[SUPPLIED RECORDS]
###

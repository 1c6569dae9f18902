-- ===== src/Schema/Planned.antt =====
-- store_mysql.go, store_device.go, store_apikey.go: what statements need and provide on a new or an
-- older database.
use clip_sync_server.Base.{
  ◌&&◌, ◌++◌, All, Bool, Bool-cases, List, Text, [], any, arith, false, inl, inr, not, refl, same,
  same→eq, select, subst, true, ◌||◌, ◌∷◌, ◌≡◌, ◌⊎◌, All-append, All-mono, All-select, sym,
}
use clip_sync_server.Schema.{
  Schema, Statement, add_column, create_table, has_column, has_table, with_table,
}
use clip_sync_server.Schema.Statements.{is_applied}

-- A column that is there, unless the whole table is missing.
abbrev pub IsOld : Schema → Text × Text → Type 0
IsOld s (t, c) = (has_table t s ≡ false) ⊎ (has_column t c s ≡ true)

abbrev pub IsThere : Schema → Text × Text → Type 0
IsThere s (t, c) = has_column t c s ≡ true

-- A statement that creates the table creates it with the column.
abbrev pub offers : Text × Text → Statement → Bool
offers (t, c) (create_table u columns references) = not (same t u) || any (same c) columns
offers (t, c) (add_column u d before) = true

-- What is there after the statements on a database where `known` is old and `there` is there.
abbrev pub provided : List (Text × Text) → List (Text × Text) → List Statement → List (Text × Text)
provided known there [] = there
provided known there (create_table t columns references ∷ qs) =
    provided known (select (λ p. same p.0 t) known ++ there) qs
provided known there (add_column t c before ∷ qs) = provided known ((t, c) ∷ there) qs

abbrev pub lists : List (Text × Text) → Text × Text → Bool
lists known q = any (λ p. same p.0 q.0 && same p.1 q.1) known

abbrev pub every {ℓ} : {A : Type ℓ} → (A → Bool) → List A → Bool
every p [] = true
every p (x ∷ xs) = p x && every p xs

-- Each statement finds in `there` the columns that it needs.
abbrev pub needs_met : List (Text × Text) → Statement → Bool
needs_met there (create_table t columns references) = every (lists there) references
needs_met there (add_column t c before) = lists there (t, before)

abbrev pub planned : List (Text × Text) → List (Text × Text) → List Statement → Bool
planned known there [] = true
planned known there (q ∷ qs) =
    needs_met there q
    && every (λ k. offers k q) known
    && planned known (provided known there (q ∷ [])) qs

pub both_true : (a b : Bool) → (a && b) ≡ true → (a ≡ true) × (b ≡ true)
both_true true b h = (refl, h)
both_true false b h = ground arith

pub every-All {ℓ} :
    {A : Type ℓ} (p : A → Bool) (xs : List A) → every p xs ≡ true → All (λ x. p x ≡ true) xs
every-All p [] h = tt
every-All p (x ∷ xs) h = let (a, b) = both_true (p x) (every p xs) h in (a, every-All p xs b)

pub lists-IsThere :
    (s : Schema) (there : List (Text × Text)) (q : Text × Text)
    → All (IsThere s) there
    → lists there q ≡ true
    → IsThere s q
lists-IsThere s [] q a h = ground arith
lists-IsThere s (p ∷ there) q (a, as') h = elim (Bool-cases (same p.0 q.0 && same p.1 q.1)) [
  | inl e ↦
      let (e0, e1) = both_true (same p.0 q.0) (same p.1 q.1) e in
      subst (λ t. has_column t q.1 s ≡ true) (same→eq p.0 q.0 e0)
        (subst (λ c. has_column p.0 c s ≡ true) (same→eq p.1 q.1 e1) a)
  | inr n ↦ lists-IsThere s there q as' (ground (arith, h))
]

pub with_table-IsOld :
    (u : Text) (columns : List Text) (s : Schema) (k : Text × Text)
    → (same k.0 u ≡ true → any (same k.1) columns ≡ true)
    → IsOld s k
    → IsOld (with_table u columns s) k
with_table-IsOld u columns s k h old = elim (Bool-cases (same k.0 u)) [
  | inl e ↦ inr (rw e (h e))
  | inr n ↦ rw n old
]

-- A table that is there has its old columns.
pub old-IsThere : (s : Schema) (k : Text × Text) → has_table k.0 s ≡ true → IsOld s k → IsThere s k
old-IsThere s k h (inl gone) = ground arith
old-IsThere s k h (inr there) = there

pub provided_step :
    (known there : List (Text × Text)) (q : Statement) (qs : List Statement)
    → provided known there (q ∷ qs) ≡ provided known (provided known there (q ∷ [])) qs
provided_step known there (create_table t columns references) qs = refl
provided_step known there (add_column t c before) qs = refl

pub provided-IsThere :
    (q : Statement) (s : Schema) (known there : List (Text × Text))
    → is_applied s q ≡ true
    → All (IsOld s) known
    → All (IsThere s) there
    → All (IsThere s) (provided known there (q ∷ []))
provided-IsThere (create_table t columns references) s known there h old a =
    All-append (IsThere s) (select (λ p. same p.0 t) known) there
      (All-select (λ p. same p.0 t) (IsThere s) known
        (All-mono (IsOld s) (λ p. same p.0 t ≡ true → IsThere s p) known
          (λ p o e. old-IsThere s p (subst (λ u. has_table u s ≡ true) (sym (same→eq p.0 t e)) h) o)
          old))
      a
provided-IsThere (add_column t c before) s known there h old a = (h, a)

###

[EXERCISE]
Work through the entries, filtering for the string "select", and copy each line that holds it.

[ANSWER TO THE EXERCISE]
  same→eq, select, subst, true, ◌||◌, ◌∷◌, ◌≡◌, ◌⊎◌, All-append, All-mono, All-select, sym,
    provided known (select (λ p. same p.0 t) known ++ there) qs
    All-append (IsThere s) (select (λ p. same p.0 t) known) there
      (All-select (λ p. same p.0 t) (IsThere s) known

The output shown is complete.